<<<<

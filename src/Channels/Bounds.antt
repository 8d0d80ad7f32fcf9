-- ===== src/Channels/Bounds.antt =====
-- projection.ts: what all events keep of the messages held, and events that are delivered again.
use tea_desktop.Base.{
  true, ℕ, suc, ◌-◌, ◌≤◌, ◌≡◌, refl, ap, Bool, false, not, List, [], ◌∷◌, ◌++◌, Option, none, some,
  if◌then◌else◌, length, ltb, leb, filter, get_or, map, arith, All, Bool-cases, Option-cases, inl,
  inr, length-drop, length-filter-le,
}
use tea_desktop.Base.Map
use tea_desktop.Base.Text.{Text}
use tea_desktop.AgentDrawer.Store.{MessageRef}
use tea_desktop.Channels.Projection.{
  Message, ChannelEvent, ChannelEventKind, channel_upserted, channel_deleted, total_unread_changed,
  message_received, message_upserted, message_deleted, message_revoked, history_cleared,
  pin_changed, reactions_changed, receipt_changed, other_event, ChannelProjection, matches_any,
  change_each, keep_unmatched, update_matched, remove_messages, update_messages, revoke,
  merge_messages, merge_groups, group_by_channel, apply_event, reduce_channel_event, delete_all,
  after_clearing, sort_into, put_all, merge_into,
}

All-filter :
    {A : Type 0} (P : A → Type 0) (p : A → Bool) (xs : List A) → All P xs → All P (filter p xs)
All-filter P p [] h = tt
All-filter P p (x ∷ xs) h = elim (Bool-cases (p x)) [
  | inl e ↦ rw e (h.0, All-filter P p xs h.1)
  | inr e ↦ rw e (All-filter P p xs h.1)
]

length-map : {A : Type 0} (f : A → A) (xs : List A) → length (map f xs) ≡ length xs
length-map f [] = refl
length-map f (x ∷ xs) = ap suc (length-map f xs)

module _ (after : Text → Text → Bool) (limit : ℕ) where
  abbrev IsShort : Text × List Message → Type 0
  IsShort e = length e.1 ≤ limit

  -- No channel holds more messages than the limit.
  abbrev pub AreBounded : ChannelProjection → Type 0
  AreBounded p = All (λ (e : Text × List Message). length e.1 ≤ limit) p.messages_by_channel

  length-merge_messages :
      (current incoming : List Message)
      → length (merge_messages after limit current incoming) ≤ limit
  unfolding merge_messages
  length-merge_messages current incoming =
      let merged = sort_into after limit [] (put_all [] (current ++ incoming)) in
      omega (arith, length-drop (length merged - limit) merged)

  shorter_each :
      (change : List Message → List Message)
      → ((xs : List Message) → length (change xs) ≤ length xs)
      → (held : List (Text × List Message)) → All IsShort held
      → All IsShort (change_each change held)
  shorter_each change f [] h = tt
  shorter_each change f ((ref, xs) ∷ held) h =
      (omega (arith, f xs, h.0), shorter_each change f held h.1)

  deleted_each :
      (refs : List Text) (held : List (Text × List Message))
      → All IsShort held
      → All IsShort (delete_all refs held)
  deleted_each [] held h = h
  deleted_each (ref ∷ refs) held h =
      deleted_each refs (Map.delete ref held) (Map.All-delete IsShort ref held h)

  merged_each :
      (held groups : List (Text × List Message))
      → All IsShort held
      → All IsShort (merge_groups after limit held groups)
  unfolding merge_groups
  merged_each held [] h = h
  merged_each held ((k, []) ∷ groups) h = merged_each held groups h
  merged_each held ((k, m ∷ messages) ∷ groups) h =
      merged_each (merge_into after limit m.ref.channel_ref (m ∷ messages) held) groups
        (Map.All-set IsShort m.ref.channel_ref _ held h (length-merge_messages _ (m ∷ messages)))

  updated_each :
      (refs : List MessageRef) (update : Message → Message) (xs : List Message)
      → length (update_matched refs update xs) ≤ length xs
  updated_each refs update xs =
      omega (arith, length-map (λ m. if matches_any refs m then update m else m) xs)

  held_short :
      (ref : Text) (held : List (Text × List Message))
      → All IsShort held
      → length (get_or (Map.get ref held) []) ≤ limit
  held_short ref held h = elim (Option-cases (Map.get ref held)) [
    | inl e ↦ rw e (omega arith)
    | inr (xs, e) ↦ rw e (Map.All-get IsShort ref xs held e h)
  ]

  cleared_short :
      (before : Option ℕ) (xs : List Message)
      → length xs ≤ limit
      → length (after_clearing after limit before xs) ≤ limit
  cleared_short none xs h = omega arith
  cleared_short (some t) xs h =
      omega (arith, h, length-filter-le (λ (m : Message). ltb t m.sent_at) xs)

  apply_event-AreBounded :
      (p : ChannelProjection) (k : ChannelEventKind)
      → AreBounded p
      → AreBounded (apply_event after limit p k)
  unfolding apply_event remove_messages update_messages
  apply_event-AreBounded p (channel_upserted channels) h = h
  apply_event-AreBounded p (channel_deleted refs) h = deleted_each refs p.messages_by_channel h
  apply_event-AreBounded p (total_unread_changed total) h = h
  apply_event-AreBounded p (message_received messages) h =
      merged_each p.messages_by_channel (group_by_channel messages) h
  apply_event-AreBounded p (message_upserted messages) h =
      merged_each p.messages_by_channel (group_by_channel messages) h
  apply_event-AreBounded p (message_deleted refs) h =
      shorter_each (keep_unmatched refs)
        (λ xs. length-filter-le (λ (m : Message). not (matches_any refs m)) xs)
        p.messages_by_channel h
  apply_event-AreBounded p (message_revoked refs) h =
      shorter_each (update_matched refs revoke) (updated_each refs revoke) p.messages_by_channel h
  apply_event-AreBounded p (history_cleared ref before) h =
      Map.All-set IsShort ref _ p.messages_by_channel h
        (cleared_short before _ (held_short ref p.messages_by_channel h))
  apply_event-AreBounded p (pin_changed ref pinned) h =
      shorter_each _ (updated_each (ref ∷ []) (λ m. record m { pinned = pinned }))
        p.messages_by_channel h
  apply_event-AreBounded p (reactions_changed ref reactions) h =
      shorter_each _ (updated_each (ref ∷ []) (λ m. record m { reactions = reactions }))
        p.messages_by_channel h
  apply_event-AreBounded p (receipt_changed ref receipt) h =
      shorter_each _ (updated_each (ref ∷ []) (λ m. record m { receipt = receipt }))
        p.messages_by_channel h
  apply_event-AreBounded p other_event h = h

  apply_event-sequence :
      (p : ChannelProjection) (k : ChannelEventKind)
      → (apply_event after limit p k).last_event_sequence ≡ p.last_event_sequence
  unfolding apply_event remove_messages update_messages
  apply_event-sequence p (channel_upserted channels) = refl
  apply_event-sequence p (channel_deleted refs) = refl
  apply_event-sequence p (total_unread_changed total) = refl
  apply_event-sequence p (message_received messages) = refl
  apply_event-sequence p (message_upserted messages) = refl
  apply_event-sequence p (message_deleted refs) = refl
  apply_event-sequence p (message_revoked refs) = refl
  apply_event-sequence p (history_cleared ref before) = refl
  apply_event-sequence p (pin_changed ref pinned) = refl
  apply_event-sequence p (reactions_changed ref reactions) = refl
  apply_event-sequence p (receipt_changed ref receipt) = refl
  apply_event-sequence p other_event = refl

  -- The projection after some events.
  unfoldable pub reduce_all : ChannelProjection → List ChannelEvent → ChannelProjection
  reduce_all p [] = p
  reduce_all p (e ∷ events) = reduce_all (reduce_channel_event after limit p e).0 events

  -- Whatever events arrive, no channel ever holds more messages than the limit.
  pub reduce_all-AreBounded :
      (p : ChannelProjection) (events : List ChannelEvent)
      → AreBounded p
      → AreBounded (reduce_all p events)
  unfolding reduce_all reduce_channel_event
  reduce_all-AreBounded p [] h = h
  reduce_all-AreBounded p (e ∷ events) h =
      reduce_all-AreBounded (reduce_channel_event after limit p e).0 events
        (elim (Bool-cases (leb e.sequence p.last_event_sequence)) [
          | inl old ↦ rw old h
          | inr new ↦
              rw new
                (apply_event-AreBounded (record p { last_event_sequence = e.sequence }) e.event h)
        ])

  -- An event leaves the last sequence at its own or beyond, and never sets it back.
  reduce_channel_event-sequence :
      (p : ChannelProjection) (e : ChannelEvent)
      → (p.last_event_sequence ≤ (reduce_channel_event after limit p e).0.last_event_sequence)
        × (e.sequence ≤ (reduce_channel_event after limit p e).0.last_event_sequence)
  unfolding reduce_channel_event
  reduce_channel_event-sequence p e =
      let same = apply_event-sequence (record p { last_event_sequence = e.sequence }) e.event in
      elim (Bool-cases (leb e.sequence p.last_event_sequence)) [
        | inl old ↦ rw old (omega arith, ground arith)
        | inr new ↦ rw new (rw same (ground arith, omega arith))
      ]

  reduce_all-sequence :
      (p : ChannelProjection) (events : List ChannelEvent)
      → p.last_event_sequence ≤ (reduce_all p events).last_event_sequence
  unfolding reduce_all
  reduce_all-sequence p [] = omega arith
  reduce_all-sequence p (e ∷ events) =
      let next = (reduce_channel_event after limit p e).0 in
      omega (arith, (reduce_channel_event-sequence p e).0, reduce_all-sequence next events)

  old_event_rejected :
      (p : ChannelProjection) (e : ChannelEvent)
      → e.sequence ≤ p.last_event_sequence
      → reduce_channel_event after limit p e ≡ (p, false)
  unfolding reduce_channel_event
  old_event_rejected p e h =
      let old : leb e.sequence p.last_event_sequence ≡ true = ground arith in rw old refl

  -- An event that is delivered a second time, whatever events came in between, is rejected and
  -- changes nothing.
  pub redelivered_event_rejected :
      (p : ChannelProjection) (e : ChannelEvent) (events : List ChannelEvent)
      → reduce_channel_event after limit
          (reduce_all (reduce_channel_event after limit p e).0 events)
          e
        ≡ (reduce_all (reduce_channel_event after limit p e).0 events, false)
  redelivered_event_rejected p e events =
      let first = (reduce_channel_event after limit p e).0 in
      old_event_rejected (reduce_all first events) e
        (omega (arith, (reduce_channel_event-sequence p e).1, reduce_all-sequence first events))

>>>>

*About this task:*
Write out exactly the lines above between the line with "apply_event-AreBounded p (receipt_changed" and the line with "apply_event-sequence p (total_unread_changed", inclusive, and nothing beyond them.

*Task output:*
  apply_event-AreBounded p (receipt_changed ref receipt) h =
      shorter_each _ (updated_each (ref ∷ []) (λ m. record m { receipt = receipt }))
        p.messages_by_channel h
  apply_event-AreBounded p other_event h = h

  apply_event-sequence :
      (p : ChannelProjection) (k : ChannelEventKind)
      → (apply_event after limit p k).last_event_sequence ≡ p.last_event_sequence
  unfolding apply_event remove_messages update_messages
  apply_event-sequence p (channel_upserted channels) = refl
  apply_event-sequence p (channel_deleted refs) = refl
  apply_event-sequence p (total_unread_changed total) = refl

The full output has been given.